Both types of engines will pull your trailer without an issues. The 6.0 has lots of jam.

I would also take a look at what else you would use your truck for. Just towing our will it be a daily commuter as well? I went with an 07 with displacement on demand for this reason. It gives me all of the pulling power I need and runs mainly on 4 cylinders as I drive back and forth to work. I am avg about 10.1 l/100km hwy with my new truck. I am not sure what that is mpg but it is about 20%-25% better than my old truck. I just rolled 6000km.

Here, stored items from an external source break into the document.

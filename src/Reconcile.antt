-- ===== src/Reconcile.antt =====
-- src/operator/reconcile: the reconciliation pipeline and its steps.
pub mod Sync
pub mod Prerequisites
pub mod CheckUpdate
pub mod Source
pub mod Project
pub mod Workspace
pub mod CreateUpdate
pub mod Destroy
pub mod Action
pub mod Pipeline
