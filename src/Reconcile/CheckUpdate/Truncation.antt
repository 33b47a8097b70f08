-- ===== src/Reconcile/CheckUpdate/Truncation.antt =====
-- src/operator/controllers/update.rs, `truncate_message`: when it returns, and the bound it keeps.
use pulumi_rs_kube_operator.Base.{
  ◌≤◌, ◌<◌, false, Option, none, some, and_then, ◌++◌, Text, text, length, length-append,
  length-take-le, take, leb, leb→le, leb_false→lt, lt→leb_false, some≢none, arith, ◌≡◌, ◌↔◌, refl,
  if_elim,
}
use pulumi_rs_kube_operator.Reconcile.CheckUpdate.{
  truncate_message, slice_to, is_char_boundary, max_message_len,
}

-- A message is given.
abbrev pub Bounded : Option Text → Type 0
Bounded none = Unit {0}
Bounded (some s) = length s ≤ max_message_len

-- A message that `truncate_message` returns has at most 100 bytes.
pub truncate_message-Bounded : (msg : Text) → Bounded (truncate_message msg)
unfolding truncate_message slice_to text
truncate_message-Bounded msg =
    if_elim Bounded (leb (length msg) max_message_len) (λ l. leb→le _ _ l)
      (λ _.
        if_elim (λ s. Bounded (and_then s (λ t. some (t ++ text "...")))) (is_char_boundary 97 msg)
          (λ _. omega (arith, length-append (take 97 msg) (text "..."), length-take-le 97 msg))
          (λ _. tt))

-- A long message whose cut would fall inside a character.
abbrev pub Panics : Text → Type 0
Panics msg = (max_message_len < length msg) × (is_char_boundary 97 msg ≡ false)

-- `truncate_message` panics exactly on messages of more than 100 bytes whose byte at index 97 is
-- not at the start of a character.
pub truncate_message-Panics : (msg : Text) → truncate_message msg ≡ none ↔ Panics msg
unfolding truncate_message slice_to
truncate_message-Panics msg = (
  if_elim (λ r. r ≡ none → Panics msg) (leb (length msg) max_message_len)
      (λ _ e. absurd (some≢none _ e))
      (λ g.
        if_elim (λ s. and_then s (λ t. some (t ++ text "...")) ≡ none → Panics msg)
          (is_char_boundary 97 msg) (λ _ e. absurd (some≢none _ e))
          (λ b _. (leb_false→lt _ _ g, b))),
  λ (l, b). rw (lt→leb_false _ _ l, b) refl,
)
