-- ===== src/Reconcile/CheckUpdate/Verdict.antt =====
-- src/operator/controllers/update.rs, `check_update`: what its verdicts say of the Update.
use pulumi_rs_kube_operator.Base.{true, false, Option, none, some, ok, err, Text, ◌≡◌, refl, arith}
use pulumi_rs_kube_operator.Api.Conditions.{update_complete, update_failed}
use pulumi_rs_kube_operator.Api.Update.{Update, UpdateStatus}
use pulumi_rs_kube_operator.Operator.Effects.{Env, History, Kube, api, other_error, read}
use pulumi_rs_kube_operator.Operator.Fallible.{continue, return, throw, lift, or_panic}
use pulumi_rs_kube_operator.Reconcile.CheckUpdate.{
  succeeded, find_condition, is_true, check_status, check_reply, check_update,
}

-- The Update finished without a failure.
pub record Completed (u : Update) : Type 0 where
  pub status : UpdateStatus
  pub has_status : u.status ≡ some status
  pub complete : is_true (find_condition update_complete status.conditions) ≡ true
  pub not_failed : is_true (find_condition update_failed status.conditions) ≡ false

check_status_succeeded :
    (s : UpdateStatus) (h : History) {p o : Option Text}
    → (check_status s h).0 ≡ ok (succeeded p o)
    → (is_true (find_condition update_complete s.conditions) ≡ true)
      × (is_true (find_condition update_failed s.conditions) ≡ false)
unfolding check_status continue return or_panic
check_status_succeeded s h e = ground arith

update_succeeded_status :
    (u : Update) (st : Option UpdateStatus) (h : History) {p o : Option Text}
    → u.status ≡ st
    → (check_reply (ok (record u { status = st })) h).0 ≡ ok (succeeded p o)
    → Completed u
unfolding check_reply return
update_succeeded_status u none h q e = cc
update_succeeded_status u (some s) h q e =
    let (c, f) = check_status_succeeded s h e in
    record { status = s; has_status = q; complete = c; not_failed = f }

pub check_reply_succeeded :
    (r : Kube Update) (h : History) {p o : Option Text}
    → (check_reply r h).0 ≡ ok (succeeded p o)
    → (u : Update) × (r ≡ ok u) × Completed u
unfolding check_reply return throw
check_reply_succeeded (ok u) h e = (u, refl, update_succeeded_status u u.status h refl e)
check_reply_succeeded (err (api code)) h e = absurd (ground arith)
check_reply_succeeded (err other_error) h e = cc

-- `check_update` answers "succeeded" only if the Update was read, is complete and has not failed.
pub check_update_succeeded :
    (env : Env) (ns name : Text) (h : History) {p o : Option Text}
    → (check_update env ns name h).0 ≡ ok (succeeded p o)
    → (u : Update) × (env.get_update ns name h ≡ ok u) × Completed u
unfolding check_update continue lift read
check_update_succeeded env ns name h e = check_reply_succeeded (env.get_update ns name h) _ e

-- `check_update` only reads.
pub check_update-effects :
    (env : Env) (ns name : Text) (h : History) → (check_update env ns name h).1.effects ≡ h.effects
unfolding check_update check_reply check_status continue lift read return throw or_panic
check_update-effects env ns name h = ground arith

-- A complete Update that has not failed is answered as succeeded.
pub check_update-Completed :
    (env : Env) (ns name : Text) (h : History) (u : Update)
    → env.get_update ns name h ≡ ok u
    → Completed u
    → (p o : Option Text) × ((check_update env ns name h).0 ≡ ok (succeeded p o))
unfolding check_update check_reply check_status continue lift read return throw or_panic
check_update-Completed env ns name h u q c = (
  c.status.permalink,
  c.status.outputs,
  rw q (rw c.has_status (ground (arith, c.complete, c.not_failed))),
)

Good luck, truck shopping is always alot of fun.

Thor


----------



## Fire44 (Mar 6, 2005)

The new diesel emission requirements will be on all diesels built after 12/31/2006. They haven't released the exact price on the new trucks yet but I have heard that the increase will be between $2000 and $4000.

Gary


----------



## nynethead (Sep 23, 2005)

I seem to be in the same boat. My 1500 crew cab is fine towing 3-4 hours on the east coast but it strains when we go to Hershey over the mountains. My cousin just came back from down south and my DW would like to go. I have been looking at the newer 1500 with the VMAX engine. the 6.0L with 345Hp out of the SS with a 4.10 rear and 10K towing spec. Just about bought one and my DW says in a year or two she would want to trade 29BHS for a 5'er. This blows the whole VMAX theroy as it is still a half ton pickup under the bigger engine. I didn't think the 6.0L gasser would pull a 10K 5'er, so now i'm tring to find a reasonable duramax crew cab.


----------



## NJMikeC (Mar 29, 2006)

That would be a smart move. Don't know if I would just upgrade motors as you were previously thinking. You didn't gain that much. Going to 3/4 Ton gains a lot. It is a world of difference, the trailer no longer pushes so bad, far, far more stable.

The Duramax and Allison are great and there is a lot more value in it then you think. The engine braking is superb and it is already saving my brakes. Thinking also that in will work real well in the snow. Don't have to hit the brakes and slide the turns, just turn.


----------



## GoVols (Oct 7, 2005)

Thor said:


> I would also take a look at what else you would use your truck for. Just towing our will it be a daily commuter as well? I went with an 07 with displacement on demand for this reason. It gives me all of the pulling power I need and runs mainly on 4 cylinders as I drive back and forth to work. I am avg about 10.1 l/100km hwy with my new truck. I am not sure what that is mpg but it is about 20%-25% better than my old truck. I just rolled 6000km.
> 
> Thor


Wow! That's 23.3 mpg south of the border, Thor. Very nice.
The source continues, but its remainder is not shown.